## Requirement
Up to and including the line with "of crates/mcp-server/src/executor/mod.rs: what", restate the material below word for word, beginning with its first line.

## Data for analysis
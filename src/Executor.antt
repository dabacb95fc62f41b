-- ===== src/Executor.antt =====
-- `execute` of crates/mcp-server/src/executor/mod.rs: what an agent does with a command of a peer,
-- with the functions of files.rs and transfer.rs that it calls. Each call that leaves the executor
-- (the file system, processes, git, the stores) is an `Effect`; a run is the effects in order and
-- the outcome.
pub mod Types
pub mod Walk
pub mod Files
pub mod Execute
pub mod Gates
mod Examples
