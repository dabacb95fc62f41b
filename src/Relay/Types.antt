-- ===== src/Relay/Types.antt =====
-- The values that the relay handles: crates/shared/src/types.rs, protocol.rs and udp.rs. A payload
-- is opaque to the relay; a nonce is its list of bytes.
use tunshell_mcp_agents.Prelude.{ℕ, String, List, Option, Bool}
use tunshell_mcp_agents.Udp.Candidates.{Endpoint}

pub data AgentMode : Type 0 where
  plan edit bypass disabled : AgentMode

pub record PlatformInfo : Type 0 where
  pub family : String
  pub arch : String
  pub distro : Option String
  pub kernel : Option String
  pub shell : Option String

pub record AgentInfo : Type 0 where
  pub id : String
  pub name : String
  pub mode : AgentMode
  pub os : String
  pub arch : String
  pub hostname : String
  pub tags : List String
  pub platform : PlatformInfo
  pub autonomous : Bool
  pub accepts_commands : Bool
  pub connected_at : ℕ
  pub version : String
  pub session_id : Option String
  pub update_available : Option String
  pub connections : Option ℕ

pub data Target : Type 0 where
  agent : String → Target
  all_agents : Target
  tagged : List String → Target
  platform_family : String → Target

pub data TaskStatus : Type 0 where
  queued running done failed : TaskStatus

pub data AgentEvent : Type 0 where
  task_completed : String → TaskStatus → AgentEvent

pub record UdpOffer : Type 0 where
  pub channel_id : String
  pub from_session : String
  pub to_session : String
  pub local_endpoint : Endpoint
  pub local_candidates : List Endpoint
  pub public_endpoint : Option Endpoint
  pub nonce : List ℕ

pub record UdpAnswer : Type 0 where
  pub channel_id : String
  pub from_session : String
  pub local_endpoint : Endpoint
  pub local_candidates : List Endpoint
  pub public_endpoint : Option Endpoint
  pub nonce : List ℕ
  pub accepted : Bool

pub record UdpChannelResult : Type 0 where
  pub channel_id : String
  pub success : Bool
  pub error : Option String

pub data ClientMessage : Type 0 where
  auth : String → String → Option AgentInfo → ClientMessage
  list_agents : ClientMessage
  command : String → Target → List ℕ → ClientMessage
  command_result : String → List ℕ → ClientMessage
  command_error : String → String → ClientMessage
  notify : AgentEvent → ClientMessage
  udp_offer : UdpOffer → ClientMessage
  udp_answer : UdpAnswer → ClientMessage
  udp_result : UdpChannelResult → ClientMessage
  ping : ClientMessage
  close : ClientMessage
  update_agent : AgentInfo → ClientMessage

pub data ServerMessage : Type 0 where
  auth_ok : String → ServerMessage
  auth_failed : String → ServerMessage
  agent_list : List AgentInfo → ServerMessage
  agent_joined : AgentInfo → ServerMessage
  agent_left : String → ServerMessage
  agent_mode_changed : String → AgentMode → ServerMessage
  command_to : String → String → List ℕ → ServerMessage
  result_from : String → String → List ℕ → ServerMessage
  error_from : String → String → String → ServerMessage
  event_from : String → AgentEvent → ServerMessage
  offer_from : String → UdpOffer → ServerMessage
  answer_from : String → UdpAnswer → ServerMessage
  udp_result_from : String → UdpChannelResult → ServerMessage
  your_endpoint : Endpoint → ServerMessage
  pong : ServerMessage
  error_message : String → ServerMessage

## Response
filename src/Executor.antt
repository dabacb95fc62f41b
-- ===== src/Executor.antt =====
-- `execute` of crates/mcp-server/src/executor/mod.rs: what an agent does with a command of a peer,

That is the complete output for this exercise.